**Records for this task:**

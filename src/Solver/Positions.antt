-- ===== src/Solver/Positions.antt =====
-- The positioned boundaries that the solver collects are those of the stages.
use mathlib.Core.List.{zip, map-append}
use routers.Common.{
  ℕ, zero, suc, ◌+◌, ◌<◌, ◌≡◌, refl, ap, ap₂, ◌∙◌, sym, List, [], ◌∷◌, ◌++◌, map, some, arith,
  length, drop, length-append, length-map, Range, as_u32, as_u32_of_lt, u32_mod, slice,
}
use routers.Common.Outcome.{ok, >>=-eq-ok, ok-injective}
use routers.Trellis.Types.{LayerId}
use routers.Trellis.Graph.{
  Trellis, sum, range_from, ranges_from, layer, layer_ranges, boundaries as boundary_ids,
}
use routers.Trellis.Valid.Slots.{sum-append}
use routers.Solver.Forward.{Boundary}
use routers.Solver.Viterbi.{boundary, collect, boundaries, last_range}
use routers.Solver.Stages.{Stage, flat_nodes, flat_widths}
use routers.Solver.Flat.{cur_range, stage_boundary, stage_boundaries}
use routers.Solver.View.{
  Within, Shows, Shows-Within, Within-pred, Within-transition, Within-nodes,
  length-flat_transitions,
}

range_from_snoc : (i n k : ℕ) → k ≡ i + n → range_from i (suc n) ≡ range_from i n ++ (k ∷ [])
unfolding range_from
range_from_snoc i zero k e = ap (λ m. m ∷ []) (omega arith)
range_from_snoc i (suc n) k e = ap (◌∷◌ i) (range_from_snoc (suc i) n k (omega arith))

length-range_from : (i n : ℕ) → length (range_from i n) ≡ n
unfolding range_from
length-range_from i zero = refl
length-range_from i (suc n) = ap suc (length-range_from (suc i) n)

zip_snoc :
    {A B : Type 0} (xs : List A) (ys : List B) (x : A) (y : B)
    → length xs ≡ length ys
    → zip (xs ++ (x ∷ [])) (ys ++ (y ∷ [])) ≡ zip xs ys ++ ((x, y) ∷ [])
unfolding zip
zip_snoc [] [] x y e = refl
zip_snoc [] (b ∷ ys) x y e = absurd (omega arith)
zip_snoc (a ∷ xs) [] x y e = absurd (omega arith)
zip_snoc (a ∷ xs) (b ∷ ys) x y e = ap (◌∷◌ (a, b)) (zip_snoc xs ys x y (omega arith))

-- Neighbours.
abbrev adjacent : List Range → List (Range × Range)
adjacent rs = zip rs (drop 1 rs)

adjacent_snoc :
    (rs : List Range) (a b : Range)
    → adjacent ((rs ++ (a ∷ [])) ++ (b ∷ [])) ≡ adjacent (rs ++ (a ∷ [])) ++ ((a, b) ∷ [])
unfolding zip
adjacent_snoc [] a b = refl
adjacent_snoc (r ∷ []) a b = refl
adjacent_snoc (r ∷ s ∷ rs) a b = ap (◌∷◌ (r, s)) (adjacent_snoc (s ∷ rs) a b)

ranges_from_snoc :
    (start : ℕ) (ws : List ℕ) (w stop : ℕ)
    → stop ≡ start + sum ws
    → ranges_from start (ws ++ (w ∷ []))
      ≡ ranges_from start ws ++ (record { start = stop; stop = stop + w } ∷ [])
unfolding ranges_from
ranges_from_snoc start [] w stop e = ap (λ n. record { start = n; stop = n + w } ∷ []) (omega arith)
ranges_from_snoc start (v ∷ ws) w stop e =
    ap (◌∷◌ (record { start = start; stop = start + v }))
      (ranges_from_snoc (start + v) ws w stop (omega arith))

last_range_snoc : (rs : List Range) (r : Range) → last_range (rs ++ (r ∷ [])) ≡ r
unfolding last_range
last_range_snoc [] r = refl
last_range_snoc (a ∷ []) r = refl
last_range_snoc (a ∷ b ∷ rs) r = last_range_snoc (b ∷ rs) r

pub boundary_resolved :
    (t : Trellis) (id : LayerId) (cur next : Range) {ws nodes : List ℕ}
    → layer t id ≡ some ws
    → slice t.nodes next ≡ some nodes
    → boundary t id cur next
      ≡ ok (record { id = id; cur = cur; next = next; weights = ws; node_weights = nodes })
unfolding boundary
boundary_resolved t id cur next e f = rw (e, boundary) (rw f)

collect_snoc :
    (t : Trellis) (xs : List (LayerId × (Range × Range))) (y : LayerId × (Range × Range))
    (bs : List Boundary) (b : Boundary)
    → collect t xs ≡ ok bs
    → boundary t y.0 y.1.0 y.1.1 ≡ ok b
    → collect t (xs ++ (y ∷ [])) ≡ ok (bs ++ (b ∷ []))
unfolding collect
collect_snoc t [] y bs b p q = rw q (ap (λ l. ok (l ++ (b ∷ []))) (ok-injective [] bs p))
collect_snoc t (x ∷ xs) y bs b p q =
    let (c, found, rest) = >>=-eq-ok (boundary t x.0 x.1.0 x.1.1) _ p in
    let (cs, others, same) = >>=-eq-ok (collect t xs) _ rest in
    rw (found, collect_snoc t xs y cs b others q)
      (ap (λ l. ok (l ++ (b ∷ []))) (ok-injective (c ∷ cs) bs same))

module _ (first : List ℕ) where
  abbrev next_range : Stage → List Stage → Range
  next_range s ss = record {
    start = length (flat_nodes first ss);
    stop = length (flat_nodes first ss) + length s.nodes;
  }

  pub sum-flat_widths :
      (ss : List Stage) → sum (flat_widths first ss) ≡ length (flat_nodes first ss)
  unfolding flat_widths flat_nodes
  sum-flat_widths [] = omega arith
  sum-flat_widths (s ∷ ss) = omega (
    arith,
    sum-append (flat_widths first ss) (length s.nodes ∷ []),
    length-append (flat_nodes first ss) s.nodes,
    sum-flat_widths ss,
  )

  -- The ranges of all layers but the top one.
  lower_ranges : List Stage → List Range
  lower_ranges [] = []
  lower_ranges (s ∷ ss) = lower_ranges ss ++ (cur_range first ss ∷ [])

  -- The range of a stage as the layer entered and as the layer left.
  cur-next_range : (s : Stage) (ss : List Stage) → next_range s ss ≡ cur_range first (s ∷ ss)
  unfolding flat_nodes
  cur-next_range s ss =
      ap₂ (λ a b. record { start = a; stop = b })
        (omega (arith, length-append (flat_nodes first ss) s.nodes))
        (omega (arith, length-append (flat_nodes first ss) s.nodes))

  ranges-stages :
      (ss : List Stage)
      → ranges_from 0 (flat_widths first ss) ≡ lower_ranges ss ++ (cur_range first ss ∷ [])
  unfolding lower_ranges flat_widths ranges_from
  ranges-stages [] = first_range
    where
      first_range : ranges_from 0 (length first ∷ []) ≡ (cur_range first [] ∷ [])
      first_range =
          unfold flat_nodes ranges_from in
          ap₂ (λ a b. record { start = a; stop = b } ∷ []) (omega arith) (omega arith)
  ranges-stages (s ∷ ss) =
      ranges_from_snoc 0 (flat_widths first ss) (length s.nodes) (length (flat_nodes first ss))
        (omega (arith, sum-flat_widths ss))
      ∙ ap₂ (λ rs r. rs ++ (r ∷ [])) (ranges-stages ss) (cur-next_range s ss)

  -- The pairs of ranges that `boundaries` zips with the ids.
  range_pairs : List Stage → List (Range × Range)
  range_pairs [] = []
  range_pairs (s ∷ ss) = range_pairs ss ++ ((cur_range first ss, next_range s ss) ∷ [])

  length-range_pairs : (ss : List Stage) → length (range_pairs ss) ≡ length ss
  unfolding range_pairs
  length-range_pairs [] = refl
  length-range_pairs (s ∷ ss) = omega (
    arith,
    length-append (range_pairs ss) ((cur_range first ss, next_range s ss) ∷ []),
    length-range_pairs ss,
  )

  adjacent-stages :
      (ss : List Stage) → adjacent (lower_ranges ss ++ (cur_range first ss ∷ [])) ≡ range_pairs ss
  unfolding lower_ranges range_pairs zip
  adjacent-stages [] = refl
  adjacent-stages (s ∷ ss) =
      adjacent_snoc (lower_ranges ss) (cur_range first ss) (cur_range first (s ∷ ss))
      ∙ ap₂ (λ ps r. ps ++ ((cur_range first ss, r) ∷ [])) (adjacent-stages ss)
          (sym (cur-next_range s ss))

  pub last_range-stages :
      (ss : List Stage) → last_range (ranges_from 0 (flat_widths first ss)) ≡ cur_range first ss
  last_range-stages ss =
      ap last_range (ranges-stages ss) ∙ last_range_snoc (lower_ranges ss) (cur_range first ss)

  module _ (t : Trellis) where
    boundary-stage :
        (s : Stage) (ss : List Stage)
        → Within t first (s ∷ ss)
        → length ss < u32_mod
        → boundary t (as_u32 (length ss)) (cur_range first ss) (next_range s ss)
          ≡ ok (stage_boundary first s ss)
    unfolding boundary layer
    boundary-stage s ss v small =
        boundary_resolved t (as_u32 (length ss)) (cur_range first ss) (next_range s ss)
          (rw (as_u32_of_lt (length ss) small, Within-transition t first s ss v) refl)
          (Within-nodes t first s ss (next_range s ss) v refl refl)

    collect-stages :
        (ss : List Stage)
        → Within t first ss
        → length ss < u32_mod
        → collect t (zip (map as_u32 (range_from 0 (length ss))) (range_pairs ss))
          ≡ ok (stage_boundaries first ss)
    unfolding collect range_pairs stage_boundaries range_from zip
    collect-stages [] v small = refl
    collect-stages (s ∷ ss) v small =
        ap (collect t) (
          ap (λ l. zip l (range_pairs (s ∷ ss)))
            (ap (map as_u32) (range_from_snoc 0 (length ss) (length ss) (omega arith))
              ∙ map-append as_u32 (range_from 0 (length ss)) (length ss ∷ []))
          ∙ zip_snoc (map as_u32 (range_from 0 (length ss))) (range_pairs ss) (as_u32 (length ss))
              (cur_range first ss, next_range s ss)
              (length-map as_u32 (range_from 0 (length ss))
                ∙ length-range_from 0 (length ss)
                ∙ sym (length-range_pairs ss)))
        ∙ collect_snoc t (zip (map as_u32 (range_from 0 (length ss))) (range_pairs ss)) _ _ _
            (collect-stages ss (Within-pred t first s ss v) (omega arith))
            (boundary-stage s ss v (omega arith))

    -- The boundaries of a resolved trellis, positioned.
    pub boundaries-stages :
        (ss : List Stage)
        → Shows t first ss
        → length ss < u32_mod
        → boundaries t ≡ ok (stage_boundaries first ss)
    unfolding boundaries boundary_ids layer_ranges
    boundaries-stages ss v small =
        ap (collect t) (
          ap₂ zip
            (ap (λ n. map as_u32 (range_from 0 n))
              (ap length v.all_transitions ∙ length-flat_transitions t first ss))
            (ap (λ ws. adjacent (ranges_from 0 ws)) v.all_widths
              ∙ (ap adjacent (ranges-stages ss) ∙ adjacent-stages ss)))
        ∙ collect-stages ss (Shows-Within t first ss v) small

* * *

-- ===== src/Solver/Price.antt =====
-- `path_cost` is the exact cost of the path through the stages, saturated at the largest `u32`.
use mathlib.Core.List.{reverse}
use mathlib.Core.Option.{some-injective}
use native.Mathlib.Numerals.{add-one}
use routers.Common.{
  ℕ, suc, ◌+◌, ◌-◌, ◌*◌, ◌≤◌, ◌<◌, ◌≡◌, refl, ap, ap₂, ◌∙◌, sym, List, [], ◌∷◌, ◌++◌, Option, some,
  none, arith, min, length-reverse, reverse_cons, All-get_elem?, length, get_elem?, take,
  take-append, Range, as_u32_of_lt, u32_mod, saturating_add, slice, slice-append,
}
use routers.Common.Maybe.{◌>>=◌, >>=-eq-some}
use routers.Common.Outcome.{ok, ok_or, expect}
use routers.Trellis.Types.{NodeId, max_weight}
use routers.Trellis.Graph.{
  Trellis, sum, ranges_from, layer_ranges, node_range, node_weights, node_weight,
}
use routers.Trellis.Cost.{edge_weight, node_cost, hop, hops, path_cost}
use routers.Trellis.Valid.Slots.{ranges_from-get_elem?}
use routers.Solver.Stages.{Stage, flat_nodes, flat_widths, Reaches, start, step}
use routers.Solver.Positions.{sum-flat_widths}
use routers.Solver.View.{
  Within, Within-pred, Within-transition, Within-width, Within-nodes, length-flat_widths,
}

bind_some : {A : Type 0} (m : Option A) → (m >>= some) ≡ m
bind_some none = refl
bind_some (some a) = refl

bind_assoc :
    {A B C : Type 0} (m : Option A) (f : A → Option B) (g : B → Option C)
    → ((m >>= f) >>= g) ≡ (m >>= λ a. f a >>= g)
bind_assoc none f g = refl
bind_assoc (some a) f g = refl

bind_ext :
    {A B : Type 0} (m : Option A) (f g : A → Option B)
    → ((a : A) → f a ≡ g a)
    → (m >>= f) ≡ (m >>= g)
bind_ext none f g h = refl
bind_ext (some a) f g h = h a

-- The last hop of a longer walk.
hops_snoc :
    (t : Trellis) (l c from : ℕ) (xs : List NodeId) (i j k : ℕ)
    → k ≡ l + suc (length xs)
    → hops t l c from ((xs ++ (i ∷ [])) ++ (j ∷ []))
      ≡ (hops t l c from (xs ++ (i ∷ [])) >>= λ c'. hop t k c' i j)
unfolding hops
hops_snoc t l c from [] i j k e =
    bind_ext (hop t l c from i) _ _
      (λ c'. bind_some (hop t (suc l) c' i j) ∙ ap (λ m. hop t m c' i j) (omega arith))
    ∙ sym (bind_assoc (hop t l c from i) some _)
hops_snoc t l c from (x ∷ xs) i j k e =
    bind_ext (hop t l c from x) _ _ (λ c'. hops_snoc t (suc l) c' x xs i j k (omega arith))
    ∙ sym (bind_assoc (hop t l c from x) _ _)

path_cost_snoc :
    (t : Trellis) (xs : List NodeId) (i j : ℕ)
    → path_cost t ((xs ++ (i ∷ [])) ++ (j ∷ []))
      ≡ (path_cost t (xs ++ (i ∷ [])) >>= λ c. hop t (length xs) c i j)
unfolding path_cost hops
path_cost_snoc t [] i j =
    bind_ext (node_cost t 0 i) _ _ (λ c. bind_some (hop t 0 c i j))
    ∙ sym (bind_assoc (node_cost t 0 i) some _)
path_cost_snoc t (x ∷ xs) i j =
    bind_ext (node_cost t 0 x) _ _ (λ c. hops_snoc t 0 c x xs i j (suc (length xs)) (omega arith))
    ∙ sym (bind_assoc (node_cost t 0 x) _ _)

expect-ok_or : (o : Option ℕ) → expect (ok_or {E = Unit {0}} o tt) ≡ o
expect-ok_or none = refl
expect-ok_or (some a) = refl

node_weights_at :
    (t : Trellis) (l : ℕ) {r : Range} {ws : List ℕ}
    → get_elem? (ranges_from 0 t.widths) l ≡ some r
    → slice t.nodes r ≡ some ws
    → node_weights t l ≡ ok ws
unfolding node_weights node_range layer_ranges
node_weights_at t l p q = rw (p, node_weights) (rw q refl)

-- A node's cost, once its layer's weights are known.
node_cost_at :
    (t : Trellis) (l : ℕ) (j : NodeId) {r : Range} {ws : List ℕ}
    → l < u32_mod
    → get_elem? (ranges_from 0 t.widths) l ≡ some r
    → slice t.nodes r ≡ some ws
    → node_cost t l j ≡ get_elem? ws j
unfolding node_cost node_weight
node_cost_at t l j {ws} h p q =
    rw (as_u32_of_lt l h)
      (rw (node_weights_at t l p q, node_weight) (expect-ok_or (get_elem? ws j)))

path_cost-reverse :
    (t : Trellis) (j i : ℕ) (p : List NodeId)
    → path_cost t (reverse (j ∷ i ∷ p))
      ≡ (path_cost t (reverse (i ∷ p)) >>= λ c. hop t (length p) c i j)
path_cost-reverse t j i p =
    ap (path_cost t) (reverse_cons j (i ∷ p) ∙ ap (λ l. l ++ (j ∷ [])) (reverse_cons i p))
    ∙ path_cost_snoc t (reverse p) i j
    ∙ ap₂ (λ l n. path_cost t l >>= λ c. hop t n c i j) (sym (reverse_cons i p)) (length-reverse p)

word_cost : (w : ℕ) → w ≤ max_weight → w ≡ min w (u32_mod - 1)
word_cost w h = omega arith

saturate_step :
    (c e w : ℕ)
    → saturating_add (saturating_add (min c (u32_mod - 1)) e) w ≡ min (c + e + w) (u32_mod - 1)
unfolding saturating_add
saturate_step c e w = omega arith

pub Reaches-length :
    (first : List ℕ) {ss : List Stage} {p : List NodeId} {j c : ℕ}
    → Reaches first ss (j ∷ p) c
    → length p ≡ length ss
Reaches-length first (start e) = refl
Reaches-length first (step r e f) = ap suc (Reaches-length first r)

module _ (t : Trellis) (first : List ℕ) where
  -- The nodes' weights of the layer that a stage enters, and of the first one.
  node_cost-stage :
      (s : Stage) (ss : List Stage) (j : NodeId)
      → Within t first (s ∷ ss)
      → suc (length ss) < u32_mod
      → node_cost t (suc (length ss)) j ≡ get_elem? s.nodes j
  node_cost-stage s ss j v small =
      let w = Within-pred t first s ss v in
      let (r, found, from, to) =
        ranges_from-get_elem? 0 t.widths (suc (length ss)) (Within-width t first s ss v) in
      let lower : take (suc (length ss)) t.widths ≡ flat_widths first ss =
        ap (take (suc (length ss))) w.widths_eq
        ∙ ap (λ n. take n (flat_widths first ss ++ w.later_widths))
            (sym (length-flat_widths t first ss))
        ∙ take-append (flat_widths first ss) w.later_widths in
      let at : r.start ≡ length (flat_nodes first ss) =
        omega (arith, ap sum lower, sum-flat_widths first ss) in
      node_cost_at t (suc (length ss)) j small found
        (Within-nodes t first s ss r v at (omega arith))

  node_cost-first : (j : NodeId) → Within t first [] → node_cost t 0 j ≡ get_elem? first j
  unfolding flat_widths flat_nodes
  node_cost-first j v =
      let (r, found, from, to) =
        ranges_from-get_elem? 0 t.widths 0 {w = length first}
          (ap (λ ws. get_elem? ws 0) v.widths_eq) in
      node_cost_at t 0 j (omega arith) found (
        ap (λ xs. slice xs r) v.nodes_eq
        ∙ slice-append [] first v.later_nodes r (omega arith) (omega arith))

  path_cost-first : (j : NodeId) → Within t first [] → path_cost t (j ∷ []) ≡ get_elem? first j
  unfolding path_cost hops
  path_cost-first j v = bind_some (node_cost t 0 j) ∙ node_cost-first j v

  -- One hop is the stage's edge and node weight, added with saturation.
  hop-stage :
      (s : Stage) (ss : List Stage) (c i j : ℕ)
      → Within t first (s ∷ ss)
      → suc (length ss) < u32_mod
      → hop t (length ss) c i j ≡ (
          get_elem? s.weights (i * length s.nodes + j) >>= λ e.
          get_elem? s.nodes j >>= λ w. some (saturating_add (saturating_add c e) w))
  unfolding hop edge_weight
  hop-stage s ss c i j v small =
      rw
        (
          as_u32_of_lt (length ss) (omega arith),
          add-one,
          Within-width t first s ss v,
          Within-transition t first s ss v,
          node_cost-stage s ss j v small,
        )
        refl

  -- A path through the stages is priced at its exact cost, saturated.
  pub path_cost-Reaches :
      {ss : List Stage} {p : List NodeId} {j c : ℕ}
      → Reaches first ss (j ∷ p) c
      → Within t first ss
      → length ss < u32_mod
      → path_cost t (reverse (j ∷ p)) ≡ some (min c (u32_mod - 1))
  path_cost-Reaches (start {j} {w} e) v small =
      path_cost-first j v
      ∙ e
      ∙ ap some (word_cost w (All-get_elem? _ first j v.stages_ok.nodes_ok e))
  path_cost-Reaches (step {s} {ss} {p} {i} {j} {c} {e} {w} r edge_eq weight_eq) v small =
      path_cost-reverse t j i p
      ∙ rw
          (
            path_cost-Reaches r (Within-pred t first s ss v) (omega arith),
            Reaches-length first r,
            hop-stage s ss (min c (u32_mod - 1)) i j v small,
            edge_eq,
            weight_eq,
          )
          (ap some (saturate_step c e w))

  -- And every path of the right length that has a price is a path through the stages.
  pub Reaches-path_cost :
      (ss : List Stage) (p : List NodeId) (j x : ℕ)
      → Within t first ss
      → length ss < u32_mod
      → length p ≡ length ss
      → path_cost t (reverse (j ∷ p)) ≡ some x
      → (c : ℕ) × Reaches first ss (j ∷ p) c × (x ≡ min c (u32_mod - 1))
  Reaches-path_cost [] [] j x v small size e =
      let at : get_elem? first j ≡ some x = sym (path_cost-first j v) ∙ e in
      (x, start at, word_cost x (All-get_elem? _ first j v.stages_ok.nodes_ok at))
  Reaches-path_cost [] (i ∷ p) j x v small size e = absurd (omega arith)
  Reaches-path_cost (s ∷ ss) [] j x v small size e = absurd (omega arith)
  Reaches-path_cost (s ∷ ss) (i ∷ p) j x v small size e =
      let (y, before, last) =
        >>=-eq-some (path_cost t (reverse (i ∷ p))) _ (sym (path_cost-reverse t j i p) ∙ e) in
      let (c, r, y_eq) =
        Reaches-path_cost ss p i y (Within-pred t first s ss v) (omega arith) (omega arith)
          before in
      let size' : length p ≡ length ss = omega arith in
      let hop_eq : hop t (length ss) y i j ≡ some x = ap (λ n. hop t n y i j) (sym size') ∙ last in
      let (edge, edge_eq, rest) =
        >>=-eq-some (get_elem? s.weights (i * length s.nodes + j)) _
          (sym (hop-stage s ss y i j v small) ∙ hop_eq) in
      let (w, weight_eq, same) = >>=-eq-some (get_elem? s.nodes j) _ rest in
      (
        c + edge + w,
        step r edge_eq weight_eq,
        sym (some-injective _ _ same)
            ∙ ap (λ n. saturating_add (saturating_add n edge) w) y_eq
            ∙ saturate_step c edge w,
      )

---

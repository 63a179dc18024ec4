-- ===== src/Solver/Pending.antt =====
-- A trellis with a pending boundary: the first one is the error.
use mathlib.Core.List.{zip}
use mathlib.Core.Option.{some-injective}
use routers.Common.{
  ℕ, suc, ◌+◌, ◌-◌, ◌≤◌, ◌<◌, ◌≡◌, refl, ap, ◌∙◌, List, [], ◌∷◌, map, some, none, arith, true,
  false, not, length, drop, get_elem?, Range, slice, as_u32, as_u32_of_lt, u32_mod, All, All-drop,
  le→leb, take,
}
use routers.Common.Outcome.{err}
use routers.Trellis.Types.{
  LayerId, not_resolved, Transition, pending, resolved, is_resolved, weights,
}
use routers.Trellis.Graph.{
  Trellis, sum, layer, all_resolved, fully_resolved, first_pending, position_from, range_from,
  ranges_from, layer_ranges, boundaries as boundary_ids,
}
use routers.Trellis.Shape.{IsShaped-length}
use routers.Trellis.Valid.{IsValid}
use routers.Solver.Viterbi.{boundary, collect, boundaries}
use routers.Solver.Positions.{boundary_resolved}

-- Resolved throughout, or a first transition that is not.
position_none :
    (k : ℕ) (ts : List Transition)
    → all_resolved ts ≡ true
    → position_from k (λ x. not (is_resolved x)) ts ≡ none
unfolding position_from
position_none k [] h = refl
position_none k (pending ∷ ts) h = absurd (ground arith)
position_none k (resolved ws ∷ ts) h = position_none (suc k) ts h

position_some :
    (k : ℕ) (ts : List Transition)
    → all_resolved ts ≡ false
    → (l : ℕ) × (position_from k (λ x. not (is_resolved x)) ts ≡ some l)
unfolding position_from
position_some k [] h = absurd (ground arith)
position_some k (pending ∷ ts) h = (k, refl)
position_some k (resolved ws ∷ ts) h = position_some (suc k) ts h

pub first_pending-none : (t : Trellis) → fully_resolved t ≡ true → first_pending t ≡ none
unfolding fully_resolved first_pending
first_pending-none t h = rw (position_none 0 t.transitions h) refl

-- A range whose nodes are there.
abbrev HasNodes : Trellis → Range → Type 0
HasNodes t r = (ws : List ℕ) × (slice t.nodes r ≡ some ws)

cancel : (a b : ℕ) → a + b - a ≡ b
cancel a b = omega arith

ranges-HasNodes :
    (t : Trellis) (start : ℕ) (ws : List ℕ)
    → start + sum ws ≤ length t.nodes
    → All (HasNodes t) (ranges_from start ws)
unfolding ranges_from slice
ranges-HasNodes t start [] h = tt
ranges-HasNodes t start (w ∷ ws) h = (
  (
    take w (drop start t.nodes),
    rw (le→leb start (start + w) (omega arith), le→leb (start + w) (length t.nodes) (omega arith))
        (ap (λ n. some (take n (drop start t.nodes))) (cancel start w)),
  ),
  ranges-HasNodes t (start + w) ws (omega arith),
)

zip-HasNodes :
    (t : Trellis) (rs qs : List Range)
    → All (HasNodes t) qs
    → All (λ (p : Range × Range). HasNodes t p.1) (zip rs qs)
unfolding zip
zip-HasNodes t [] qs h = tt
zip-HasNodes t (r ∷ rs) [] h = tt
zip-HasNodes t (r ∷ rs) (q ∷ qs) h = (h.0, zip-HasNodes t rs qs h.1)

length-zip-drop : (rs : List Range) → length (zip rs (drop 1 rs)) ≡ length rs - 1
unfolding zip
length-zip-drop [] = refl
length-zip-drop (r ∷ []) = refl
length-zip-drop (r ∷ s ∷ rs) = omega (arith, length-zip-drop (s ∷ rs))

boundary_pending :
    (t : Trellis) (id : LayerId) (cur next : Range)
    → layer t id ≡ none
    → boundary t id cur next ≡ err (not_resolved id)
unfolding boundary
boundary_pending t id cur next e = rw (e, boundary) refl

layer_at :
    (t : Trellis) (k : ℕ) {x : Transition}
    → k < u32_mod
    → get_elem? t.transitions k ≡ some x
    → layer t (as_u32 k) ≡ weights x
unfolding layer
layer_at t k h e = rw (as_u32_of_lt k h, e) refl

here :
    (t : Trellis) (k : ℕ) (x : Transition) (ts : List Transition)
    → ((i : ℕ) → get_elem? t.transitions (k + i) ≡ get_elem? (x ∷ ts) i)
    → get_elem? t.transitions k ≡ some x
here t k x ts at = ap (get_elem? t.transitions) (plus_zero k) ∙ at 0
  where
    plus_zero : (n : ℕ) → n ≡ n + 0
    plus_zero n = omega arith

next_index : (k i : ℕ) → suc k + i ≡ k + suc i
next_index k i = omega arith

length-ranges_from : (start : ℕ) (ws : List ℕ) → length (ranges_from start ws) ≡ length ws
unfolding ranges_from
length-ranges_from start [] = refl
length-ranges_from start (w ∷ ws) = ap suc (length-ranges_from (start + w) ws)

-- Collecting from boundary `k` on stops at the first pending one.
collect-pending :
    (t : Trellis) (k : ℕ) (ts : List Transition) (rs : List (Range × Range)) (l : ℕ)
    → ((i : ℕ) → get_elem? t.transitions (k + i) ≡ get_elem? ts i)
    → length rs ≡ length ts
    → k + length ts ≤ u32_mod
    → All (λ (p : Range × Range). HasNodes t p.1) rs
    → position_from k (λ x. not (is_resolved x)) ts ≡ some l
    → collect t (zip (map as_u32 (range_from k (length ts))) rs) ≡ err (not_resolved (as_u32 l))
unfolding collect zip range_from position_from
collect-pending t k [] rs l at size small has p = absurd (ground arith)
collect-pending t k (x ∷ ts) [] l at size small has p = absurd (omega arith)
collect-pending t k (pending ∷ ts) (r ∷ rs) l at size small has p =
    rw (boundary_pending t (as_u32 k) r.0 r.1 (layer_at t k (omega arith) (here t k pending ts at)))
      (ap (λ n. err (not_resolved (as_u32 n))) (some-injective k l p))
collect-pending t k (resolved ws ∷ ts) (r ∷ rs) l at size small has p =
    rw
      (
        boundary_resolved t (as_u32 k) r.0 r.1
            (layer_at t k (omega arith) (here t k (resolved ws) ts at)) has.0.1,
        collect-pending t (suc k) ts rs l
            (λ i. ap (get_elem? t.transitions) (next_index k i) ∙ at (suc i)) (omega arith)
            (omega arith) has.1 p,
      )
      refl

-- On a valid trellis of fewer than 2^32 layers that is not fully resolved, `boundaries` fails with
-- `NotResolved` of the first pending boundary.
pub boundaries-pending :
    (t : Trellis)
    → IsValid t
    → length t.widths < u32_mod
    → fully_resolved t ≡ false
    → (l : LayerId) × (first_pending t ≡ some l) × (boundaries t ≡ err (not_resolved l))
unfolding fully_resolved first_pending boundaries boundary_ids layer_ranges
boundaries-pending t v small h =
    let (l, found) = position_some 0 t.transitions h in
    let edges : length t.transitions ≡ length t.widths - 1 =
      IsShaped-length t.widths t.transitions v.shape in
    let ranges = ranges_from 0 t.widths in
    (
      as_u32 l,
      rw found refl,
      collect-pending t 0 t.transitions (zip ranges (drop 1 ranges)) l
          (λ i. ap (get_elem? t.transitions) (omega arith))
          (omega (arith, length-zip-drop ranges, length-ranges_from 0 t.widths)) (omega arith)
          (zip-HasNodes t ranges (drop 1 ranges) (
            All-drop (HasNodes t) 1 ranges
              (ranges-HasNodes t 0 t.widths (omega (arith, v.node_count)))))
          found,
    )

**Task item:**
Pull out each line of the entries that contains "exact".

**Solution to this exercise:**
-- `path_cost` is the exact cost of the path through the stages, saturated at the largest `u32`.
  -- A path through the stages is priced at its exact cost, saturated.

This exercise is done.